Neben der Wahl des hochwertigeren Materials besitzt das Find X5 Pro zudem eine offizielle Zertifizierung nach IP68 gegen Staub und Wasser. Das Oneplus-Modell besitze wohl die gleichen Dichtungen, jedoch habe sich das Unternehmen die kostspielige Lizenzierung gespart, die das Unternehmen dem direkten Vorgänger, dem Oneplus 9 Pro (Test), noch spendiert hatte. Das ist ein recht enttäuschender Rückschritt. Jedoch ist kurios, dass die Version des 10 Pro, die bei T-Mobile in den USA angeboten wird, eine entsprechende Zertifizierung besitzt. So oder so: Hier hat Oneplus am falschen Ende gespart, da zu einem aktuellen Top-Smartphone eine IP-Zertifizierung einfach dazugehört. Das hat Xiaomi bei seinen neuen 12er-Modellen übrigens auch verbockt.

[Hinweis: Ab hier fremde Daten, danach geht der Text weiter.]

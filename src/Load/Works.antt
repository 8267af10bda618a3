-- ===== src/Load/Works.antt =====
-- The panels on the maps that `load` has drawn.
use simply_transport.Common.{
  Text, Bool, true, not, List, [], ◌∷◌, ◌≡◌, refl, ◌∙◌, All, Option, none, some, get_elem?,
}
use simply_transport.Shared.Visibility.{
  Layers, set_all, has_layer-set_all, has_layer-set_layer_visibility,
}
use simply_transport.Panel.Rows.{LayerState, row_layers, show_row, show_rows, show_row_at}
use simply_transport.Panel.Stop as Stop
use simply_transport.Panel.Stop.Consistent as StopC
use simply_transport.Panel.Stop.Apart.{IsUnmarked, routes-RoutesApart}
use simply_transport.Panel.Route as Route
use simply_transport.Panel.Route.Consistent as RouteC
use simply_transport.Panel.Agency as Agency
use simply_transport.Panel.Agency.Consistent as AgencyC
use simply_transport.Panel.Agency.Consistent.{Distinct}
use simply_transport.Load.{stop_payload, route_payload, agency_payload, panel_ids}
use simply_transport.Load.Panels.{panel-Added}
use simply_transport.Load.Loaded.{
  Adding, loaded_map, AllThere, loaded_map-AllShown, shown-Agree, shown_rows, there,
}

module _ (lib : Layers) where
  open lib use {Map, has_layer}

  show_rows-keeps :
      (state : LayerState) (ids : List Text) (m : Map) (v : Bool) (j : Text)
      → has_layer (show_rows lib state m ids v) j ≡ has_layer m j
  unfolding show_rows show_row
  show_rows-keeps state [] m v j = refl
  show_rows-keeps state (id ∷ ids) m v j =
      show_rows-keeps state ids (set_all lib m (row_layers state id) v) v j
      ∙ has_layer-set_all lib m _ v j

  show_row_at-keeps :
      (state : LayerState) (m : Map) (o : Option Text) (v : Bool) (j : Text)
      → has_layer (show_row_at lib state m o v) j ≡ has_layer m j
  unfolding show_row_at show_row
  show_row_at-keeps state m none v j = refl
  show_row_at-keeps state m (some id) v j = has_layer-set_all lib m _ v j

  module _ (routes : List Text) (state : LayerState) where
    stop_act-keeps :
        (a : Stop.Action) (p : Stop.StopPanel Map) (j : Text)
        → has_layer (Stop.act lib routes state p a).map j ≡ has_layer p.map j
    unfolding Stop.act Stop.click_toggle_all
    stop_act-keeps (Stop.set_route i v) p j = show_row_at-keeps state p.map (get_elem? routes i) v j
    stop_act-keeps (Stop.set_stops v) p j = has_layer-set_all lib p.map Stop.other_stop_ids v j
    stop_act-keeps Stop.toggle_all p j =
        has_layer-set_all lib (show_rows lib state p.map routes (not p.all_on)) Stop.other_stop_ids
          (not p.all_on) j
        ∙ show_rows-keeps state routes p.map (not p.all_on) j

    stop_panel-keeps :
        (as' : List Stop.Action) (p : Stop.StopPanel Map) (j : Text)
        → has_layer (Stop.act_all lib routes state p as').map j ≡ has_layer p.map j
    unfolding Stop.act_all
    stop_panel-keeps [] p j = refl
    stop_panel-keeps (a ∷ as') p j =
        stop_panel-keeps as' (Stop.act lib routes state p a) j ∙ stop_act-keeps a p j

    agency_act-keeps :
        (a : Agency.Action) (p : Agency.AgencyPanel Map) (j : Text)
        → has_layer (Agency.act lib routes state p a).map j ≡ has_layer p.map j
    unfolding Agency.act
    agency_act-keeps (Agency.set_route i v) p j =
        show_row_at-keeps state p.map (get_elem? routes i) v j
    agency_act-keeps Agency.toggle_all p j = show_rows-keeps state routes p.map (not p.all_on) j

    agency_panel-keeps :
        (as' : List Agency.Action) (p : Agency.AgencyPanel Map) (j : Text)
        → has_layer (Agency.act_all lib routes state p as').map j ≡ has_layer p.map j
    unfolding Agency.act_all
    agency_panel-keeps [] p j = refl
    agency_panel-keeps (a ∷ as') p j =
        agency_panel-keeps as' (Agency.act lib routes state p a) j ∙ agency_act-keeps a p j

  change_vehicles-keeps :
      (p : Route.RoutePanel Map) (v : Bool) (o : Option Bool) (j : Text)
      → has_layer (Route.change_vehicles lib p v o).map j ≡ has_layer p.map j
  unfolding Route.change_vehicles
  change_vehicles-keeps p v none j = refl
  change_vehicles-keeps p v (some old) j = has_layer-set_all lib p.map Route.vehicle_ids v j

  toggle_vehicles-keeps :
      (m : Map) (v : Bool) (o : Option Bool) (j : Text)
      → has_layer (Route.toggle_vehicle_layers lib m v o) j ≡ has_layer m j
  unfolding Route.toggle_vehicle_layers
  toggle_vehicles-keeps m v none j = refl
  toggle_vehicles-keeps m v (some old) j = has_layer-set_all lib m Route.vehicle_ids v j

  route_act-keeps :
      (a : Route.Action) (p : Route.RoutePanel Map) (j : Text)
      → has_layer (Route.act lib p a).map j ≡ has_layer p.map j
  unfolding Route.act Route.click_toggle_all
  route_act-keeps (Route.set_line v) p j =
      has_layer-set_layer_visibility lib p.map Route.line_id v j
  route_act-keeps (Route.set_vehicles v) p j = change_vehicles-keeps p v p.vehicles_checked j
  route_act-keeps (Route.set_stops v) p j = has_layer-set_all lib p.map Route.stop_ids v j
  route_act-keeps Route.toggle_all p j =
      has_layer-set_all lib _ Route.stop_ids (not p.all_on) j
      ∙ toggle_vehicles-keeps _ (not p.all_on) p.vehicles_checked j
      ∙ has_layer-set_layer_visibility lib p.map Route.line_id (not p.all_on) j

  route_panel-keeps :
      (as' : List Route.Action) (p : Route.RoutePanel Map) (j : Text)
      → has_layer (Route.act_all lib p as').map j ≡ has_layer p.map j
  unfolding Route.act_all
  route_panel-keeps [] p j = refl
  route_panel-keeps (a ∷ as') p j =
      route_panel-keeps as' (Route.act lib p a) j ∙ route_act-keeps a p j

  module _ (adding : Adding lib) where
    stop_works :
        (has_vehicles : Bool) (routes : List Text) (as' : List Stop.Action)
        → Distinct routes
        → All IsUnmarked routes
        → let payload = stop_payload has_vehicles routes in
          let state = Stop.layer_state_routes has_vehicles routes in
          let p =
            Stop.act_all lib routes state
              (Stop.build_layer_panel lib routes state (loaded_map lib adding payload))
              as' in
          StopC.Consistent lib has_vehicles routes (StopC.shows_after true as') p
          × AllThere lib adding p.map payload
    unfolding Stop.build_layer_panel
    stop_works has_vehicles routes as' d us =
        let payload = stop_payload has_vehicles routes in
        let m = loaded_map lib adding payload in
        let state = Stop.layer_state_routes has_vehicles routes in
        let shown = loaded_map-AllShown lib adding payload in
        (
          StopC.stop_panel-Consistent lib m has_vehicles routes as'
              (routes-RoutesApart lib has_vehicles routes d us)
              (record {
                rows = shown_rows lib adding m shown _ routes;
                stops = shown-Agree lib adding m shown Stop.other_stop_ids;
              }),
          there lib adding payload _
              (stop_panel-keeps routes state as' (Stop.build_layer_panel lib routes state m))
              (panel_ids payload) (panel-Added payload),
        )

    route_works :
        (has_vehicles : Bool) (id : Text) (as' : List Route.Action)
        → let payload = route_payload has_vehicles id in
          let p =
            Route.act_all lib
              (Route.build_route_layer_panel lib (loaded_map lib adding payload) has_vehicles)
              as' in
          RouteC.Consistent lib (RouteC.shows_after true as') p × AllThere lib adding p.map payload
    unfolding Route.build_route_layer_panel
    route_works has_vehicles id as' =
        let payload = route_payload has_vehicles id in
        let m = loaded_map lib adding payload in
        let agree = shown-Agree lib adding m (loaded_map-AllShown lib adding payload) in
        (
          RouteC.route_panel-Consistent lib m has_vehicles as' (record {
            line = agree (Route.line_id ∷ []);
            vehicles = agree Route.vehicle_ids;
            stops = agree Route.stop_ids;
          }),
          there lib adding payload _
              (route_panel-keeps as' (Route.build_route_layer_panel lib m has_vehicles))
              (panel_ids payload) (panel-Added payload),
        )

    agency_works :
        (routes : List Text) (as' : List Agency.Action)
        → Distinct routes
        → let payload = agency_payload routes in
          let state = Agency.layer_state_routes routes in
          let p =
            Agency.act_all lib routes state
              (Agency.build_layer_panel lib routes state (loaded_map lib adding payload))
              as' in
          AgencyC.Consistent lib routes (AgencyC.shows_after true as') p
          × AllThere lib adding p.map payload
    unfolding Agency.build_layer_panel
    agency_works routes as' d =
        let payload = agency_payload routes in
        let m = loaded_map lib adding payload in
        let state = Agency.layer_state_routes routes in
        (
          AgencyC.agency_panel-Consistent lib m routes as' d
              (shown_rows lib adding m (loaded_map-AllShown lib adding payload) _ routes),
          there lib adding payload _
              (agency_panel-keeps routes state as' (Agency.build_layer_panel lib routes state m))
              (panel_ids payload) (panel-Added payload),
        )

-- On the maps that `load` has drawn, with layers added as the map library documents it, no route twice, and on a stop
-- map no route's id beginning with `pulse-` or `label-`, whatever is clicked on the panel of a stop map, of a route map
-- and of an agency map: the layers behind its boxes are all there, each box is checked exactly if those behind it are
-- visible; its button says "Toggle all off" after an even number of clicks on it, none included, and "Toggle all on"
-- after an odd number; and one more click on it leaves all boxes unchecked, or all checked, as it says.
pub panels_work :
    (lib : Layers) (adding : Adding lib) (has_vehicles : Bool) (routes : List Text) (id : Text)
    (stop_clicks : List Stop.Action) (route_clicks : List Route.Action)
    (agency_clicks : List Agency.Action)
    → Distinct routes
    → All IsUnmarked routes
    → let stop_map = loaded_map lib adding (stop_payload has_vehicles routes) in
      let route_map = loaded_map lib adding (route_payload has_vehicles id) in
      let agency_map = loaded_map lib adding (agency_payload routes) in
      let stop_state = Stop.layer_state_routes has_vehicles routes in
      let agency_state = Agency.layer_state_routes routes in
      let p =
        Stop.act_all lib routes stop_state
          (Stop.build_layer_panel lib routes stop_state stop_map)
          stop_clicks in
      let q =
        Route.act_all lib (Route.build_route_layer_panel lib route_map has_vehicles) route_clicks in
      let r =
        Agency.act_all lib routes agency_state
          (Agency.build_layer_panel lib routes agency_state agency_map)
          agency_clicks in
      (StopC.Consistent lib has_vehicles routes (StopC.shows_after true stop_clicks) p
        × AllThere lib adding p.map (stop_payload has_vehicles routes))
      × (RouteC.Consistent lib (RouteC.shows_after true route_clicks) q
          × AllThere lib adding q.map (route_payload has_vehicles id))
      × (AgencyC.Consistent lib routes (AgencyC.shows_after true agency_clicks) r
          × AllThere lib adding r.map (agency_payload routes))
panels_work lib adding has_vehicles routes id stop_clicks route_clicks agency_clicks d us = (
  stop_works lib adding has_vehicles routes stop_clicks d us,
  route_works lib adding has_vehicles id route_clicks,
  agency_works lib adding routes agency_clicks d,
)
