-- ===== src/Panel.antt =====
-- The layer panels of the route map, the stop map and the agency map.
pub mod Route
pub mod Rows
pub mod Button
pub mod Stop
pub mod Agency
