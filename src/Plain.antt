-- ===== src/Plain.antt =====
-- `initNearbyMap`, `initAgencyMap` and `initStaticStopMap`: the guard, the address that is asked for, and what becomes
-- of the answer. What is said of one holds for the others where they do not differ. The map's data is that of Load.
pub mod Stages
pub mod Stands
pub mod Single
use simply_transport.Common.{
  ℕ, zero, suc, ◌+◌, Text, units, Bool, true, false, not, ◌&&◌, List, [], ◌∷◌, ◌++◌, if◌then◌else◌,
  Option, none, some,
}
use simply_transport.Js.Uri.{encode_uri_component, form_encode}
use simply_transport.Embed.{MapKind, nearby_map, agency_map, static_stop_map}
use simply_transport.Shared.Style.{Style, osm_raster_style, Control, add_default_map_controls}
use simply_transport.Load.{Payload, nearby_payload, agency_payload, static_payload, Call, load}

-- The call: with coordinates, an agency's id, or the type of a static map.
pub data Request (F : Type 0) : Type 0 where
  init_nearby_map : F → F → Request F
  init_agency_map : Text → Request F
  init_static_stop_map : Text → Request F

abbrev pub map_kind : {F : Type 0} → Request F → MapKind
map_kind (init_nearby_map latitude longitude) = nearby_map
map_kind (init_agency_map id) = agency_map
map_kind (init_static_stop_map map_type) = static_stop_map

-- The map waits for `load`, or after that for the marker's image; it is drawn; or its drawing threw before `load` was
-- listened to.
pub data Phase : Type 0 where
  loading marking drawn abandoned : Phase

-- A map that has been made.
pub record PlainMap : Type 0 where
  pub style : Style
  pub controls : List (Control × Text)
  pub routes : List Text  -- the ids of the payload's routes, if it has some
  pub phase : Phase
  pub calls : List Call  -- the sources and layers that were added
  pub panel_shown : Bool

pub record Page : Type 0 where
  pub container : Bool  -- the element is there
  pub library : Bool  -- `window.maplibregl`
  pub popup : Bool  -- `window.StopMapPopup`
  pub host : Bool  -- `container.parentElement`
  pub loader_shown : Option Bool  -- `.map-loader`, if the host has one
  pub error_shown : Bool  -- the container has the error text
  pub asked : List Text  -- the addresses that were asked for
  pub requests : ℕ  -- those without an answer
  pub maps : List PlainMap

-- How a request ends: it fails, or its status or body does; or the map is made, and its payload's routes are these; or
-- what the handler does with the payload throws then.
pub data Answer : Type 0 where
  failed threw : Answer
  built : List Text → Answer

-- The call, an answer, the `load` of a map, and the callback of the marker's image, which tells whether the map has it.
pub data Event : Type 0 where
  start : Event
  answered : Answer → Event
  loaded : ℕ → Event
  marker_done : ℕ → Bool → Event

unfoldable pub update_at : {A : Type 0} → (A → A) → ℕ → List A → List A
update_at f i [] = []
update_at f zero (x ∷ xs) = f x ∷ xs
update_at f (suc i) (x ∷ xs) = x ∷ update_at f i xs

-- `loader.style.display = "none"`
abbrev pub hidden : Option Bool → Option Bool
hidden none = none
hidden (some shown) = some false

-- The `catch`.
unfoldable pub fail : Page → Page
fail p = record p { loader_shown = hidden p.loader_shown; error_shown = true }

-- The payload as Load has it.
abbrev pub payload_of : {F : Type 0} → Request F → List Text → Bool → Payload
payload_of (init_nearby_map latitude longitude) routes mono = nearby_payload mono
payload_of (init_agency_map id) routes mono = agency_payload routes
payload_of (init_static_stop_map map_type) routes mono = static_payload

module _ {F : Type 0} (request : Request F) where
  -- The guard.
  unfoldable pub able : Page → Bool
  able p = elim (map_kind request) [
    | agency_map ↦ p.container && p.library
    | _ ↦ p.container && (p.library && p.popup)
  ]

  -- `new maplibregl.Map(…)` with its controls.
  abbrev pub new_map : Page → Phase → List Text → PlainMap
  new_map p phase routes = record {
    style = osm_raster_style (map_kind request);
    controls = add_default_map_controls p.library [];
    routes = routes;
    phase = phase;
    calls = [];
    panel_shown = false;
  }

  unfoldable pub make_map : Phase → List Text → Page → Page
  make_map phase routes p = record p {
    loader_shown = hidden p.loader_shown;
    maps = p.maps ++ new_map p phase routes ∷ [];
  }

  unfoldable pub answer : Answer → Page → Page
  answer failed p = fail p
  answer threw p = fail (make_map abandoned [] p)
  answer (built routes) p = make_map loading routes p

  unfoldable pub draw : Bool → Bool → PlainMap → PlainMap
  draw host mono m = record m {
    phase = drawn;
    calls = m.calls ++ load (payload_of request m.routes mono);
    panel_shown = elim (map_kind request) [ agency_map ↦ host | _ ↦ false ];
  }

  -- The `load` handler: on the nearby map the rest is left to the marker's callback.
  unfoldable pub on_load : Bool → PlainMap → PlainMap
  on_load host m = elim m.phase [
    | loading ↦ elim (map_kind request) [
      | nearby_map ↦ record m { phase = marking }
      | _ ↦ draw host false m
    ]
    | _ ↦ m
  ]

  unfoldable pub on_marker : Bool → Bool → PlainMap → PlainMap
  on_marker host mono m = elim m.phase [ marking ↦ draw host mono m | _ ↦ m ]

-- The numbers of a request are written by `String`.
module _ {F : Type 0} (number_text : F → Text) (request : Request F) where
  -- `none` where `encodeURIComponent` throws.
  unfoldable pub address : Option Text
  address = elim request [
    | init_nearby_map latitude longitude ↦ some (
        units "/api/v1/map/stop/nearby?latitude="
        ++ form_encode (number_text latitude)
        ++ units "&longitude="
        ++ form_encode (number_text longitude))
    | init_agency_map id ↦ elim (encode_uri_component id) [
      | none ↦ none
      | some s ↦ some (units "/api/v1/map/route/agency/" ++ s)
    ]
    | init_static_stop_map map_type ↦ elim (encode_uri_component map_type) [
      | none ↦ none
      | some s ↦ some (units "/api/v1/map/stop/aggregated/" ++ s)
    ]
  ]

  unfoldable pub init_map : Page → Page
  init_map p = if not (able request p) then p else elim address [
    | none ↦ p
    | some url ↦ record p { asked = url ∷ p.asked; requests = p.requests + 1 }
  ]

  unfoldable pub step : Page → Event → Page
  step p start = init_map p
  step p (answered a) = elim p.requests [
    | zero ↦ p
    | suc n ↦ answer request a (record p { requests = n })
  ]
  step p (loaded i) = record p { maps = update_at (on_load request p.host) i p.maps }
  step p (marker_done i mono) = record p {
    maps = update_at (on_marker request p.host mono) i p.maps;
  }

  unfoldable pub run : Page → List Event → Page
  run p [] = p
  run p (e ∷ es) = run (step p e) es
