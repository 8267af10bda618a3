-- ===== src/Plain/Stages.antt =====
-- How far one of the three maps has come, as the events tell it.
use simply_transport.Common.{ℕ, zero, suc, Text, units, Bool, true, false, List, [], ◌∷◌, ◌≡◌, refl}
use simply_transport.Shared.Style.{
  osm_raster_style, Control, navigation, fullscreen, add_default_map_controls,
}
use simply_transport.Load.{Call, load}
use simply_transport.Load.Accepted.{Accepted, IsDistinct, kind_of, load-Accepted}
use simply_transport.Plain.{
  Request, init_nearby_map, init_agency_map, init_static_stop_map, map_kind, Phase, PlainMap,
  Answer, failed, threw, built, Event, start, answered, loaded, marker_done, payload_of, draw,
  on_load, on_marker, update_at,
}
use simply_transport.Plain as Plain

-- The answer is awaited, or was no payload, or one that could not be drawn; or the map has the payload of these routes,
-- before `load`, before the marker's callback, and drawn, with what the marker's callback has told.
pub data Stage : Type 0 where
  waiting refused broken : Stage
  loading marking : List Text → Stage
  shown : List Text → Bool → Stage

abbrev pub after_answer : Answer → Stage → Stage
after_answer failed waiting = refused
after_answer threw waiting = broken
after_answer (built routes) waiting = loading routes
after_answer a stage = stage

-- Only the map of the stops nearby has a marker.
abbrev pub after_load : {F : Type 0} → Request F → Stage → Stage
after_load (init_nearby_map latitude longitude) (loading routes) = marking routes
after_load (init_agency_map id) (loading routes) = shown routes false
after_load (init_static_stop_map map_type) (loading routes) = shown routes false
after_load request stage = stage

abbrev pub after_marker : Bool → Stage → Stage
after_marker mono (marking routes) = shown routes mono
after_marker mono stage = stage

-- There is one map at most, and its number is 0.
abbrev pub after : {F : Type 0} → Request F → Stage → Event → Stage
after request stage start = stage
after request stage (answered a) = after_answer a stage
after request stage (loaded zero) = after_load request stage
after request stage (loaded (suc i)) = stage
after request stage (marker_done zero mono) = after_marker mono stage
after request stage (marker_done (suc i) mono) = stage

abbrev pub after_all : {F : Type 0} → Request F → Stage → List Event → Stage
after_all request stage [] = stage
after_all request stage (e ∷ es) = after_all request (after request stage e) es

abbrev pub default_controls : List (Control × Text)
default_controls = (navigation, units "top-left") ∷ (fullscreen, units "top-left") ∷ []

pub both_controls : add_default_map_controls true [] ≡ default_controls
unfolding add_default_map_controls
both_controls = refl

module _ {F : Type 0} where
  payload_kind :
      (request : Request F) (routes : List Text) (mono : Bool)
      → kind_of (payload_of request routes mono) ≡ map_kind request
  payload_kind (init_nearby_map latitude longitude) routes mono = refl
  payload_kind (init_agency_map id) routes mono = refl
  payload_kind (init_static_stop_map map_type) routes mono = refl

  payload-IsDistinct :
      (request : Request F) (routes : List Text)
      → IsDistinct (payload_of request routes false)
      → (mono : Bool) → IsDistinct (payload_of request routes mono)
  payload-IsDistinct (init_nearby_map latitude longitude) routes h mono = tt
  payload-IsDistinct (init_agency_map id) routes h mono = h
  payload-IsDistinct (init_static_stop_map map_type) routes h mono = tt

  pub payload-Accepted :
      (request : Request F) (routes : List Text) (mono : Bool)
      → IsDistinct (payload_of request routes false)
      → Accepted (osm_raster_style (map_kind request)) (load (payload_of request routes mono))
  payload-Accepted request routes mono h =
      rw (payload_kind request routes mono) at
        (load-Accepted (payload_of request routes mono) (payload-IsDistinct request routes h mono))

module _ {F : Type 0} (request : Request F) (host : Bool) where
  -- The map of a payload with these routes.
  abbrev pub map_with : List Text → Phase → List Call → Bool → List PlainMap
  map_with routes phase calls panel_shown =
      record {
        style = osm_raster_style (map_kind request);
        controls = default_controls;
        routes = routes;
        phase = phase;
        calls = calls;
        panel_shown = panel_shown;
      }
      ∷ []

  abbrev pub has_panel : Request F → Bool
  has_panel (init_agency_map id) = host
  has_panel _ = false

  -- The maps on the page.
  abbrev pub maps_at : Stage → List PlainMap
  maps_at waiting = []
  maps_at refused = []
  maps_at broken = map_with [] Plain.abandoned [] false
  maps_at (loading routes) = map_with routes Plain.loading [] false
  maps_at (marking routes) = map_with routes Plain.marking [] false
  maps_at (shown routes mono) =
      map_with routes Plain.drawn (load (payload_of request routes mono)) (has_panel request)

pub load-maps_at :
    {F : Type 0} (request : Request F) (host : Bool) (i : ℕ) (stage : Stage)
    → update_at (on_load request host) i (maps_at request host stage)
      ≡ maps_at request host (after request stage (loaded i))
unfolding update_at on_load draw
load-maps_at (init_nearby_map x y) host zero (loading routes) = refl
load-maps_at (init_agency_map id) host zero (loading routes) = refl
load-maps_at (init_static_stop_map t) host zero (loading routes) = refl
load-maps_at request host (suc i) waiting = refl
load-maps_at request host (suc i) refused = refl
load-maps_at request host (suc i) broken = refl
load-maps_at request host (suc i) (loading routes) = refl
load-maps_at request host (suc i) (marking routes) = refl
load-maps_at request host (suc i) (shown routes b) = refl
load-maps_at request host zero stage = refl

pub marker-maps_at :
    {F : Type 0} (request : Request F) (host mono : Bool) (i : ℕ) (stage : Stage)
    → update_at (on_marker request host mono) i (maps_at request host stage)
      ≡ maps_at request host (after request stage (marker_done i mono))
unfolding update_at on_marker draw
marker-maps_at (init_nearby_map x y) host mono zero (marking routes) = refl
marker-maps_at (init_agency_map id) host mono zero (marking routes) = refl
marker-maps_at (init_static_stop_map t) host mono zero (marking routes) = refl
marker-maps_at request host mono (suc i) waiting = refl
marker-maps_at request host mono (suc i) refused = refl
marker-maps_at request host mono (suc i) broken = refl
marker-maps_at request host mono (suc i) (loading routes) = refl
marker-maps_at request host mono (suc i) (marking routes) = refl
marker-maps_at request host mono (suc i) (shown routes b) = refl
marker-maps_at request host mono zero stage = refl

Das Oppo Find X5 Pro besitzt einzelne Lautstärke-Knöpfe, das Oneplus 10 Pro hat eine Wippe. (Foto: t3n)

Displays des Oneplus 10 Pro und Oppo Find X5 Pro: Erste Sahne

Abgesehen von der identischen Größe und der gleichen Position der Selfie-Kamera, die in beiden übrigens den gleichen 32-Megapixel-Sensor besitzt, sind die Displays auch mit ihren Diagonalen von 6,7-Zoll gleich. Beide Modelle haben einen LTPO-Bildschirm mit WQHD-Plus-Auflösung von 3.216 x 1.440 Pixeln mit 525 ppi und Zehn-Bit-Farbtiefe. Zudem besitzen bei eine dynamische Bildwiederholrate von 120 Hertz, die je nach Inhalt und App auf bis zu ein Hertz heruntergeregelt werden kann. Das unterstützt etwa auch Samsungs Galaxy S22 Ultra (Test).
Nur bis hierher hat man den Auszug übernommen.